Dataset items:
>>>>>

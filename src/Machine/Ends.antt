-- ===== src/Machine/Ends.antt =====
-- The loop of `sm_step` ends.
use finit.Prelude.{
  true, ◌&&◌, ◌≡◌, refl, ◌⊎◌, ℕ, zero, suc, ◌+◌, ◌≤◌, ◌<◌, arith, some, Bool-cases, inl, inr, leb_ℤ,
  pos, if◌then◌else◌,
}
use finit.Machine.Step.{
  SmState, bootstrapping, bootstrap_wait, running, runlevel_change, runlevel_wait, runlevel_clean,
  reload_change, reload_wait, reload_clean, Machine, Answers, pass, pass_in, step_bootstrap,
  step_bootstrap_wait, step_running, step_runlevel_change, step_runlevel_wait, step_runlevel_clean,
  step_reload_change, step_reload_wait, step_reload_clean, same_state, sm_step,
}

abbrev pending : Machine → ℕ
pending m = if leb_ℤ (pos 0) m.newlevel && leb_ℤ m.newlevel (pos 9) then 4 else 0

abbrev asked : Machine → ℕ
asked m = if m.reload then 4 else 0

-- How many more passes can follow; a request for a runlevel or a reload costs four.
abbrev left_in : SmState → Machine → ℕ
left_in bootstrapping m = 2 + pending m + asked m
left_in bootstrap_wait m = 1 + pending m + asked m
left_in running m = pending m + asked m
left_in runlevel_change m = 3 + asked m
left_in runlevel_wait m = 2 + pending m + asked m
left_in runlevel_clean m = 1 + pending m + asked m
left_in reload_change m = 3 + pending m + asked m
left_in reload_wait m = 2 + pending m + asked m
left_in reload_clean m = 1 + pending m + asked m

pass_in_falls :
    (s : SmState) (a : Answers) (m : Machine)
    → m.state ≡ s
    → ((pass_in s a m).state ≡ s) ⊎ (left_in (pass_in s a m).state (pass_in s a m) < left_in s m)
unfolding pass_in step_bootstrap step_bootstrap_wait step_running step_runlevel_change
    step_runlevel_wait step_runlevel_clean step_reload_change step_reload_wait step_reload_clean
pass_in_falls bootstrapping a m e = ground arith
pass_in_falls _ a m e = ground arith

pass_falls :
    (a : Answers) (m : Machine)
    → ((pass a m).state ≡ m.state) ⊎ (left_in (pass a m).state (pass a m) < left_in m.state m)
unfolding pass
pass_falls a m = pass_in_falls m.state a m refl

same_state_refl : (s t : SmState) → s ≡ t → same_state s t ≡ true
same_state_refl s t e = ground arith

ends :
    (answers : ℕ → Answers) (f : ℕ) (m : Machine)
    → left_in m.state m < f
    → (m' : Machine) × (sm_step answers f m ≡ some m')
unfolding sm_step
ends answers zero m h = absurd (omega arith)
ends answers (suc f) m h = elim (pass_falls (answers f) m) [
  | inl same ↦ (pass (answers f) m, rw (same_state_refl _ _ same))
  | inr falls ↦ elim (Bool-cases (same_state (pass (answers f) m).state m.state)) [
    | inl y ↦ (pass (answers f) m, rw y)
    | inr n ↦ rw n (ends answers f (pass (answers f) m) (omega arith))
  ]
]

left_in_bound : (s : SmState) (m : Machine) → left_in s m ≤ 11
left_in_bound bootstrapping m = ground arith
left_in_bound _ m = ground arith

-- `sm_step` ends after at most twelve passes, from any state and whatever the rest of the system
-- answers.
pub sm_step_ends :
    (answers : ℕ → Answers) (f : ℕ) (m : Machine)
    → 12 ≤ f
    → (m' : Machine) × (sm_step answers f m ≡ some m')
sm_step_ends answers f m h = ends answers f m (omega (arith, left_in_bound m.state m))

<<<<<
>>>>>

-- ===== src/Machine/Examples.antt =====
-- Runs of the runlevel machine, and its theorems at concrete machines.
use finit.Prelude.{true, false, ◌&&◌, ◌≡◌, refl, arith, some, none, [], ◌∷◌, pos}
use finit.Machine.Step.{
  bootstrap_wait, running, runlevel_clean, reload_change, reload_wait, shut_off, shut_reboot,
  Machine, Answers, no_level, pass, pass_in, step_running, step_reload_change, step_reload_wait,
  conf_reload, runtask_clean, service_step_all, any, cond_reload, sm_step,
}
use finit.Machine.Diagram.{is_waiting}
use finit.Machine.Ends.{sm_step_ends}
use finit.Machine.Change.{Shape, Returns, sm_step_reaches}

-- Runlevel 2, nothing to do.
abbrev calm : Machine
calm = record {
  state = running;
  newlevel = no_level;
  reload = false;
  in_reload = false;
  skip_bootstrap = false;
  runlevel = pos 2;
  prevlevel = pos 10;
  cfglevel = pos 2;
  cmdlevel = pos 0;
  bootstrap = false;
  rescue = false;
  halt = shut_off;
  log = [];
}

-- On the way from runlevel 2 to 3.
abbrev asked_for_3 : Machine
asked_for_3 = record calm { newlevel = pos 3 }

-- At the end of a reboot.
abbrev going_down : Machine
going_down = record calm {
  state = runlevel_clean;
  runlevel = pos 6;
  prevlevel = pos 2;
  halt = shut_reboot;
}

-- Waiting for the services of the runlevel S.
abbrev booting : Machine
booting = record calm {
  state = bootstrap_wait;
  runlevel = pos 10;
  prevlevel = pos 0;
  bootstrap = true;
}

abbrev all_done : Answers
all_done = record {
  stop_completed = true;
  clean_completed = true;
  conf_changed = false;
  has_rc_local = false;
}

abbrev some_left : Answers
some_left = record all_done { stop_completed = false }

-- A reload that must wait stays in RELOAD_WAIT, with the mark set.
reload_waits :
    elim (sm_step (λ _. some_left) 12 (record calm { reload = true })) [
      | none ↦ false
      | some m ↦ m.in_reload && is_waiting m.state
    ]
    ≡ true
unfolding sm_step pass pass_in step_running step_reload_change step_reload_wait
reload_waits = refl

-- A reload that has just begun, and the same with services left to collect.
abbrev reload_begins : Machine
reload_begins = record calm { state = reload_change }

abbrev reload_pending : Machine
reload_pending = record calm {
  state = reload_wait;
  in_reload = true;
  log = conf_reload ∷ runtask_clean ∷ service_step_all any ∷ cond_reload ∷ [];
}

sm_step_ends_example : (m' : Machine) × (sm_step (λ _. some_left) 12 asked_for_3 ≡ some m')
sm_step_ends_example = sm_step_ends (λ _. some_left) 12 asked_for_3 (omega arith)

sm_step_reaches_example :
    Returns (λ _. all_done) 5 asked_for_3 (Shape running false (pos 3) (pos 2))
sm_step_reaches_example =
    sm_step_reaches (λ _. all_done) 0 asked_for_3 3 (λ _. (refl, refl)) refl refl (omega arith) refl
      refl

<<<<<

Work order: Please reproduce, exactly as they appear above, the lines from the line containing "abbrev reload_pending : Machine" up to and including the line containing "sm_step_reaches (λ _.".

The completed task:
abbrev reload_pending : Machine
reload_pending = record calm {
  state = reload_wait;
  in_reload = true;
  log = conf_reload ∷ runtask_clean ∷ service_step_all any ∷ cond_reload ∷ [];
}

sm_step_ends_example : (m' : Machine) × (sm_step (λ _. some_left) 12 asked_for_3 ≡ some m')
sm_step_ends_example = sm_step_ends (λ _. some_left) 12 asked_for_3 (omega arith)

sm_step_reaches_example :
    Returns (λ _. all_done) 5 asked_for_3 (Shape running false (pos 3) (pos 2))
sm_step_reaches_example =
    sm_step_reaches (λ _. all_done) 0 asked_for_3 3 (λ _. (refl, refl)) refl refl (omega arith) refl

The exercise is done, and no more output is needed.